The other thing to remember is that if you want to adopt again, they might question why you went against advice.  

I was dead set against name changing, then we adopted a little boy with a unique, made-up name, with a security risk in his background and ended up having to change it.  That's life!


----------



## littlepoppy86 (Feb 14, 2014)

Grrrr just typed a long reply & it vanished!

Thank you all 

I guess we're keeping the long name then an just using nickname...I just always think of wen the. Local paper has a school event photo with his name he won't be allowed in it but yet if we changed the name it would look less likely to be theme

Don't want to get on the wrong side of social aervices! X


----------



## Macgyver (Oct 27, 2008)

Hi,


We were told we couldn't change lo name as it's part of his past and identity (not that we wanted to anyway) but we did change his middle name as is was silly with our surname. Eg middle name simon last name simon.


With regards to photos and schools, I don't know if it's the norm but When I registered my lo in pre school I had to sign to say what photos I would allow and where they could be used. 
They said they would take two group ones, one with him in which would only be given to us and kept in his file and another without him which they would put in their newsletter. 


Xx


----------



## Wyxie (Apr 10, 2013)

If you put the name you want on the form, it is extremely likely the Judge will agree to it, regardless of what the SWs say, as he will know that you could just change his legal name by Deed Poll once he is yours anyway, a very simple and straightforward process.

It will, however, pee off the SWs most likely, so if you plan to adopt again at any point it might not be advisable.  Your son could also have questions about why you did it when he gets older, but then again, he may not.  

We changed our daughter's name, although that was ordered by the Judge due to security concerns - quite a common occurrence in one of our local courts.  We completely changed it for various reasons, and it bears no resemblance to her original name.  We have simply decided that if she feels strongly about it when she gets older, we will let her change it back to her original name, but spelled correctly so she isn't quite so easy for b/f to find if he decides to do so.  There was also an Order that our son's name could be changed, but it's a very mainstream name and we didn't think the benefits outweighed the potential future disadvantages.  It's not a name I would have chosen (mostly, because it's my father's name and I would not have chosen to name my son for my father), but actually I really do like it.
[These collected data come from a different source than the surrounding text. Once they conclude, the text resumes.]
-- ===== src/RuleBuilder/Trees/Exact.antt =====
-- The fragment for one episode finds that episode alone (app/services/rule_builder.py).
use q_bittorrent_rss_rules.Prelude.{
  ℕ, ◌+◌, ◌*◌, ◌/◌, ◌%◌, ◌≤◌, ◌<◌, ◌≡◌, refl, ap, ap₂, ◌∙◌, inl, inr, Bool, true, false, ◌&&◌, ◌||◌,
  Option, some, [], ◌∷◌, ◌++◌, arith, ltb, ◌=?◌, Bool-cases,
}
use q_bittorrent_rss_rules.Prelude.Text.{Text}
use q_bittorrent_rss_rules.Prelude.Unicode.{Unicode}
use q_bittorrent_rss_rules.WatchState.Keys.{format_episode_key}
use q_bittorrent_rss_rules.WatchState.Keys.Laws.{key_text}
use q_bittorrent_rss_rules.RuleBuilder.Regex.{
  lit, Follow, seq, not_ahead, matches, match_char, match_many, done, searches,
}
use q_bittorrent_rss_rules.RuleBuilder.Numbers.Laws.{zero-Reads, is-Reads}
use q_bittorrent_rss_rules.RuleBuilder.Trees.{exact, no_digit, separators, hyphen, standalone_tree}
use q_bittorrent_rss_rules.RuleBuilder.Trees.Laws.{no_digit-digit}
use q_bittorrent_rss_rules.RuleBuilder.Trees.Seasons.{show_digit, show_two, exact_season}
use q_bittorrent_rss_rules.RuleBuilder.Trees.Keys.{season_then_episode, StopsAtDigit}
use q_bittorrent_rss_rules.RuleBuilder.Trees.Search.{HasNoS, NeedsS, search-key}

same_number : (a b n : ℕ) → a < 10 → b < 10 → ((a =? n / 10) && (b =? n % 10)) ≡ (n =? 10 * a + b)
same_number a b n ha hb = ground arith

two_tests :
    (p q zero_a tens_b zero_b : Bool)
    → (p && (q && true) || zero_a && (tens_b && false || zero_b && false)) ≡ (p && q)
two_tests p q zero_a tens_b zero_b = ground arith

module _ ⦃u : Unicode⦄ where
  -- Nothing follows the episode.
  module _ (a b : ℕ) (ha : a < 10) (hb : b < 10) (k : Follow) (stops : StopsAtDigit k)
      (at_end : (prev : Option ℕ) → k prev [] ≡ true) (prev : Option ℕ) where
    abbrev two_digits : Text
    two_digits = (b'0' + a) ∷ (b'0' + b) ∷ []

    exact_one :
        (n : ℕ)
        → n < 10
        → match_many (lit b'0') (match_char (lit (b'0' + n)) k) prev two_digits ≡ (n =? 10 * a + b)
    unfolding match_many match_char
    exact_one n h = ground (
      arith,
      is-Reads n h a ha,
      is-Reads n h b hb,
      zero-Reads a ha,
      zero-Reads b hb,
      stops (some (b'0' + a)) b [] hb,
      at_end (some (b'0' + b)),
    )

    exact_two :
        (t o : ℕ)
        → 1 ≤ t
        → t < 10
        → o < 10
        → match_many
            (lit b'0')
            (match_char (lit (b'0' + t)) (match_char (lit (b'0' + o)) k))
            prev
            two_digits
          ≡ ((a =? t) && (b =? o))
    unfolding match_many match_char
    exact_two t o l h m =
        let tens = is-Reads t h a ha in
        let ones = is-Reads o m b hb in
        let no_tens = is-Reads t h b hb in
        rw (tens, zero-Reads a ha, no_tens, ones, zero-Reads b hb, at_end (some (b'0' + b)))
          (two_tests (a =? t) (b =? o) (a =? 0) (b =? t) (b =? 0))

    exact_last : (n : ℕ) → n < 100 → matches (exact n) k prev two_digits ≡ (n =? 10 * a + b)
    unfolding matches
    exact_last n h = elim (Bool-cases (ltb n 10)) [
      | inl e ↦ rw (show_digit n (ground arith), matches) (exact_one n (ground arith))
      | inr e ↦
          rw (show_two n (ground arith) h, matches)
            (exact_two (n / 10) (n % 10) (ground arith) (omega arith) (omega arith)
              ∙ same_number a b n ha hb)
    ]

  pub standalone_at :
      (s e season episode : ℕ) (prev : Option ℕ)
      → s < 100
      → e < 100
      → season < 100
      → episode < 100
      → matches (standalone_tree s e) done prev (key_text season episode)
        ≡ ((s =? season) && (e =? episode))
  unfolding standalone_tree matches key_text
  standalone_at s e season episode prev hs he h k =
      let number =
        λ (a b : ℕ) (k : Follow) (prev : Option ℕ) (rest : Text) (ha : a < 10) (hb : b < 10)
            (stops : StopsAtDigit k).
          exact_season a b ha hb k stops prev rest s hs in
      let last = matches (not_ahead (seq separators hyphen)) done in
      season_then_episode (exact s) (λ v. s =? v) number (season / 10) (season % 10) (episode / 10)
        (episode % 10) (omega arith) (omega arith) (omega arith) (omega arith) prev
        (seq (exact e) (seq no_digit (not_ahead (seq separators hyphen))))
      ∙ ap₂ ◌&&◌ (ap (λ v. s =? v) (omega arith)) (
          exact_last (episode / 10) (episode % 10) (omega arith) (omega arith)
            (matches no_digit last) (λ prev d t h. no_digit-digit last prev d t h) (λ prev. refl)
            (some b'E') e he
          ∙ ap (λ v. e =? v) (omega arith))

  pub standalone-NeedsS : (s e : ℕ) → NeedsS (standalone_tree s e)
  unfolding standalone_tree matches match_char
  standalone-NeedsS s e = (λ prev. refl, λ prev c t n. rw n refl)

  pub standalone_search :
      (s e season episode : ℕ) (before : Text)
      → s < 100
      → e < 100
      → season < 100
      → episode < 100
      → HasNoS before
      → searches (standalone_tree s e) (before ++ format_episode_key season episode)
        ≡ ((s =? season) && (e =? episode))
  standalone_search s e season episode before hs he h k b =
      search-key (standalone_tree s e) _ season episode before h k (standalone-NeedsS s e) b
        (λ prev. standalone_at s e season episode prev hs he h k)
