-- ===== src/Tests/Likes.antt =====
-- The theorems on likes, dislikes and blocks, applied.
use tinder_like_back.Base.{◌≡◌, refl, some, List, [], ◌∷◌}
use tinder_like_back.Base.Int.{pos}
use tinder_like_back.Database.{Env}
use tinder_like_back.Repository.Ribbon.{has_swipe, create_like, create_block}
use tinder_like_back.Repository.Ribbon.Consistency.{IsConsistent}
use tinder_like_back.Repository.Ribbon.Likes.{
  Likes, create_like-Likes, like_error, error_of, create_like-error,
}
use tinder_like_back.Repository.Ribbon.Exclusions.{Blocks, create_block-Blocks}
use tinder_like_back.Repository.Ribbon.History
use tinder_like_back.Repository.Ribbon.History.{Command, run, run-IsConsistent}
use tinder_like_back.Repository.Ribbon.Closed.{IsClosed, run-IsClosed}
use tinder_like_back.Service.Ribbon.{World, ribbon_repository, like}
use tinder_like_back.Service.Ribbon.Published.{Liked, like-Liked}
use tinder_like_back.Service.Ribbon.Requests.{blocks, serve, Served, serve-Served}
use tinder_like_back.Events.{new_publisher}
use tinder_like_back.Tests.{calm, town, matched, parted}

pub town-IsConsistent : IsConsistent town
unfolding has_swipe
town-IsConsistent = record {
  swipes_unique = (refl, tt);
  exclusions_unique = tt;
  chats_unique = tt;
  chats_mutual = tt;
  chats_open = tt;
  chats_stored = tt;
}

-- A match, a block of it, and another like.
abbrev pub affair : List (Env × Command)
affair =
    (calm, History.like 1 2)
    ∷ (calm, History.block 1 2)
    ∷ (calm, History.unblock 1 2)
    ∷ (calm, History.like 2 1)
    ∷ []

run-IsConsistent_example : IsConsistent (run affair town)
run-IsConsistent_example = run-IsConsistent affair town town-IsConsistent

run-IsClosed_example : IsClosed 1 2 (run affair parted)
run-IsClosed_example = run-IsClosed affair 1 2 parted (refl, ((λ h. refl), tt))

create_like-Likes_example : Likes 1 2 town (create_like calm 1 2 town)
create_like-Likes_example = create_like-Likes calm 1 2 town

create_like-error_example : error_of (create_like calm 1 2 town).0 ≡ like_error town 1 2
create_like-error_example = create_like-error calm 1 2 town (λ s. refl)

create_block-Blocks_example : Blocks 1 2 matched (create_block calm 1 2 matched)
create_block-Blocks_example = create_block-Blocks calm 1 2 matched

abbrev pub busy : World
busy = record { db = town; publisher = some (new_publisher 8) }

like-Liked_example : Liked calm 1 (pos 2) busy (like calm (ribbon_repository calm) 1 (pos 2) busy)
like-Liked_example = like-Liked calm 1 (pos 2) busy

serve-Served_example : Served calm 1 (blocks (pos 2)) busy (serve calm 1 (blocks (pos 2)) busy)
serve-Served_example = serve-Served calm 1 (blocks (pos 2)) busy
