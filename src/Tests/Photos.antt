-- ===== src/Tests/Photos.antt =====
-- The theorems on photos, applied, with an object store that is a list of keys.
use tinder_like_back.Base.{
  ℕ, ◌≡◌, refl, subst, Bool, true, false, not, some, List, [], ◌∷◌, filter, arith,
}
use tinder_like_back.Base.Int.{pos}
use tinder_like_back.Models.{Text, UserPhoto}
use tinder_like_back.Text.{text_eq, format_int}
use tinder_like_back.Database.{Db}
use tinder_like_back.Repository.Ribbon.Likes.{error_of}
use tinder_like_back.Repository.Photos.{image_png, create_photo}
use tinder_like_back.Repository.Photos.Positions.{photo_error, create_photo-error}
use tinder_like_back.Service.Photos.{
  ObjectStore, photo_repository, object_key_of, upload, delete_photo,
}
use tinder_like_back.Service.Photos.Uploads.{IsReliable, Uploaded, upload-Uploaded}
use tinder_like_back.Service.Photos.Removals.{Removed, delete_photo-Removed}
use tinder_like_back.Tests.{calm, town}

abbrev pub shelf : ObjectStore (List Text)
shelf = record {
  bucket = 98 ∷ [];
  put = λ key content_type size content keys. (true, key ∷ keys);
  delete = λ key keys. (true, filter (λ k. not (text_eq k key)) keys);
}

text_eq-same : (t : Text) → text_eq t t ≡ true
text_eq-same [] = refl
text_eq-same (c ∷ t) = ground (arith, text_eq-same t)

shelf-IsReliable :
    (key : Text) (keys : List Text)
    → filter (λ k. not (text_eq k key)) keys ≡ keys
    → IsReliable shelf key keys
shelf-IsReliable key keys new = record {
  put_fails = λ content_type size content t e. cc;
  put_undone = λ content_type size content t u e f. ground (arith, e, f, new, text_eq-same key);
}

-- The user has a photo already: users/1/b.png.
abbrev pub stocked : List Text
stocked = (117 ∷ 115 ∷ 101 ∷ 114 ∷ 115 ∷ 47 ∷ 49 ∷ 47 ∷ 98 ∷ 46 ∷ 112 ∷ 110 ∷ 103 ∷ []) ∷ []

new_to_stock :
    (key extension : Text)
    → some (97 ∷ []) ≡ some key
    → filter (λ k. not (text_eq k (object_key_of 1 key extension))) stocked ≡ stocked
unfolding object_key_of format_int
new_to_stock key extension h =
    let drawn : 97 ∷ [] ≡ key = cc in
    subst (λ k. filter (λ o. not (text_eq o (object_key_of 1 k extension))) stocked ≡ stocked) drawn
      refl

upload-Uploaded_example :
    Uploaded shelf calm 1 [] town stocked
      (upload shelf (photo_repository calm) 1 image_png (pos 7) [] (some (97 ∷ [])) (town, stocked))
upload-Uploaded_example =
    upload-Uploaded shelf calm 1 image_png (pos 7) [] (some (97 ∷ [])) town stocked
      (λ key extension k e.
        shelf-IsReliable (object_key_of 1 key extension) stocked (new_to_stock key extension k))

abbrev pub photo_of : ℕ → ℕ → Bool → UserPhoto
photo_of n position is_main = record {
  id = n;
  user_id = 1;
  bucket_name = 98 ∷ [];
  object_key = 120 ∷ n ∷ [];
  content_type = image_png;
  file_size = 7;
  position = position;
  is_main = is_main;
  created_at = 3;
}

-- The first user has two photos.
abbrev pub gallery : Db
gallery = record town { photos = photo_of 2 1 false ∷ photo_of 1 0 true ∷ []; next_photo_id = 3 }

create_photo-error_example :
    error_of (create_photo calm (photo_of 3 0 false) gallery).0
    ≡ photo_error calm gallery (photo_of 3 0 false)
create_photo-error_example = create_photo-error calm (photo_of 3 0 false) gallery (λ s. refl)

delete_photo-Removed_example :
    Removed shelf calm 1 2 gallery
      ((120 ∷ 2 ∷ []) ∷ [])
      (delete_photo shelf (photo_repository calm) 1 (pos 2) (gallery, (120 ∷ 2 ∷ []) ∷ []))
delete_photo-Removed_example =
    delete_photo-Removed shelf calm 1 (pos 2) gallery ((120 ∷ 2 ∷ []) ∷ [])
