-- ===== src/Tests/Http.antt =====
-- The theorems on requests, applied, with stand-ins for gin and go-auth.
use Prim.Native.String.{String}
use text.Mathlib.Text.{◌==◌ as str_eq}
use tinder_like_back.Base.{
  ◌≡◌, ℕ, Option, refl, ap, sym, ◌∙◌, Bool, true, false, ◌&&◌, none, some, List, [], ◌∷◌, find?,
}
use tinder_like_back.Base.Int.{pos}
use tinder_like_back.Models.{Text}
use tinder_like_back.Text.{parse_int, parse_digits, is_digit}
use tinder_like_back.Errors.{Result, ok, err}
use tinder_like_back.Database.{Db}
use tinder_like_back.Platform.Accounts.{StorageUser, create_user}
use tinder_like_back.Http.{
  error_literal, json, Request, Claims, Gateway, Server, AuthResult, authenticated, refused,
  already_exists, invalid_credentials,
}
use tinder_like_back.Repository.Chats.{is_chat_participant}
use tinder_like_back.Http.Failing.{Unchanged}
use tinder_like_back.Http.Router.{like, messages, user_handler, takes, routes, dispatch}
use tinder_like_back.Http.Router.Guarded.{NamesNobody, Guarded, dispatch-Guarded}
use tinder_like_back.Http.Router.Unchanged.{is_account_call, dispatch-Unchanged}
use tinder_like_back.Http.Router.Consistent.{serve_all, serve_all-IsConsistent}
use tinder_like_back.Repository.Ribbon.Consistency.{IsConsistent}
use tinder_like_back.Tests.Likes.{town-IsConsistent}
use tinder_like_back.Http.Router.Hidden.{user_handler-hidden}
use tinder_like_back.Http.Router.Statuses.{LikeAnswers, like-LikeAnswers}
use tinder_like_back.Events.{new_publisher}
use tinder_like_back.Tests.{calm, town, matched, whole}
use tinder_like_back.Tests.Photos.{shelf}

abbrev pub same_path : List String → List String → Bool
same_path [] [] = true
same_path (x ∷ xs) (y ∷ ys) = str_eq x y && same_path xs ys
same_path _ _ = false

-- The two paths of the tests.
abbrev pub spelled : Text → List String
spelled [] = "health" ∷ []
spelled (c ∷ s) = "api" ∷ "v1" ∷ "ribbon" ∷ "likes" ∷ []

abbrev pub registered : Result StorageUser × Db → AuthResult × Db
registered (ok user, db) = (authenticated user, db)
registered (err e, db) = (refused already_exists, db)

-- A token is the user's id, and a body is a number.
abbrev pub gateway : Gateway
gateway = record {
  claims = λ header. some (record { user_id = header; email = [] });
  generate = λ user. some user.id;
  register = λ email password db.
      registered
        (create_user calm (record { id = []; email = email; provider = ""; created_at = 0 }) db);
  authenticate = λ email password db. (refused invalid_credentials, db);
  to_lower = λ s. s;
  bind_register = λ body. none;
  bind_login = λ body. none;
  bind_target = λ body. parse_int body;
  bind_report = λ body. none;
  bind_preferences = λ body. none;
  bind_profile = λ body. none;
  bind_message = λ body. some body;
  form_file = λ body. none;
  extension_type = λ name. [];
  new_key = some (97 ∷ []);
  matches = λ pattern path. same_path pattern (spelled path);
  no_route = λ req. json 404 (error_literal "404 page not found");
}

abbrev pub server : Db → Server (List Text)
server db = record { world = record { db = db; publisher = some (new_publisher 8) }; objects = [] }

-- POST /api/v1/ribbon/likes with the header and the body.
abbrev pub post_like : Text → Text → Request
post_like header body = record {
  method = "POST";
  path = b'l' ∷ [];
  authorization = header;
  query = λ key. none;
  param = [];
  body = body;
}

abbrev pub nobody : Text
nobody = b'0' ∷ []

abbrev pub first_user : Text
first_user = b'1' ∷ []

abbrev pub second_user : Text
second_user = b'2' ∷ []

reads_zero : parse_int nobody ≡ some (pos 0)
unfolding parse_int parse_digits is_digit
reads_zero = refl

names_nobody : NamesNobody gateway calm whole 5 shelf (post_like nobody first_user)
names_nobody c n e k =
    let same : nobody ≡ c.user_id = ap named e in number (sym reads_zero ∙ ap parse_int same ∙ k)
  where
    named : Option Claims → Text
    named none = []
    named (some c) = c.user_id

    number : {n : ℕ} → some (pos 0) ≡ some (pos n) → n ≡ 0
    number h = cc

dispatch-Guarded_example :
    Guarded gateway calm whole 5 shelf
      (post_like nobody first_user)
      (server town)
      (dispatch gateway calm whole 5 shelf (post_like nobody first_user) (server town))
dispatch-Guarded_example =
    dispatch-Guarded gateway calm whole 5 shelf (post_like nobody first_user) (server town)
      names_nobody

no_account_call :
    (header body : Text)
    → is_account_call (find? (takes gateway calm whole 5 shelf (post_like header body)) routes)
      ≡ false
unfolding routes
no_account_call header body = refl

dispatch-Unchanged_example :
    Unchanged
      (server town)
      (dispatch gateway calm whole 5 shelf (post_like first_user first_user) (server town))
dispatch-Unchanged_example =
    dispatch-Unchanged gateway calm whole 5 shelf (post_like first_user first_user) (server town)
      (no_account_call first_user first_user)

-- A like, with a token whose bearer is the first user, and a request to itself.
serve_all-IsConsistent_example :
    IsConsistent
      (serve_all gateway whole 5 shelf
        ((calm, post_like first_user second_user) ∷ (calm, post_like first_user first_user) ∷ [])
        (server town)).world.db
serve_all-IsConsistent_example =
    serve_all-IsConsistent gateway whole 5 shelf
      ((calm, post_like first_user second_user) ∷ (calm, post_like first_user first_user) ∷ [])
      (server town)
      (no_account_call first_user second_user, (no_account_call first_user first_user, tt))
      town-IsConsistent

reads_number : (parse_int (b'1' ∷ []) ≡ some (pos 1)) × (parse_int (b'7' ∷ []) ≡ some (pos 7))
unfolding parse_int parse_digits is_digit
reads_number = (refl, refl)

takes_no_part :
    (is_chat_participant matched 3 1 ≡ false) × (is_chat_participant matched 3 7 ≡ false)
unfolding is_chat_participant
takes_no_part = (refl, refl)

-- The third user takes no part in the chat of the first two, and there is no chat 7.
user_handler-hidden_example :
    user_handler gateway calm whole 5 shelf messages 3 []
      (record (post_like [] []) { param = b'1' ∷ [] })
      (server matched)
    ≡ user_handler gateway calm whole 5 shelf messages 3 []
        (record (post_like [] []) { param = b'7' ∷ [] })
        (server matched)
user_handler-hidden_example =
    user_handler-hidden gateway calm whole 5 shelf messages 3 [] (post_like [] []) (b'1' ∷ [])
      (b'7' ∷ []) 0 6 (server matched) refl reads_number.0 reads_number.1 takes_no_part.0
      takes_no_part.1

like-LikeAnswers_example :
    LikeAnswers town 1
      (gateway.bind_target (b'2' ∷ []))
      (user_handler gateway calm whole 5 shelf like 1 []
        (post_like first_user (b'2' ∷ []))
        (server town)).0
like-LikeAnswers_example =
    like-LikeAnswers gateway calm whole 5 shelf 1 [] (post_like first_user (b'2' ∷ []))
      (server town) (λ s. refl)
All the best, whatever you decide.

Wyxie xx


----------



## bulmer (Sep 5, 2010)

Could you add your choice of name as a middle name and then simply ask that every one use his middle name ?  It's very common to add a middle name of your choosing and I don't think your SW could criticise you for that.  XX


----------



## Daddyboo (Paul) (Dec 24, 2012)

bulmer said:


> Could you add your choice of name as a middle name and then simply ask that every one use his middle name ? It's very common to add a middle name of your choosing and I don't think your SW could criticise you for that. XX


I have a friend who I work with called Jane, 'Jane' is written on her security pass (I work on a secure military site) but her first name is actually Emma.

So it can be done. Also my friend is called Ady but actually named Adrian.

We have added a middle name to munchkin's name and obviously her surname will change, she's never known her first middle name and so it's an easy swap. Plus she loves the names we have chosen.


----------



## littlepoppy86 (Feb 14, 2014)

Thank you all  

I was just shocked on this form it looked like it allowed you to add what you want. I expected it to b pre filled as they all knew the middle name an surname we would like. 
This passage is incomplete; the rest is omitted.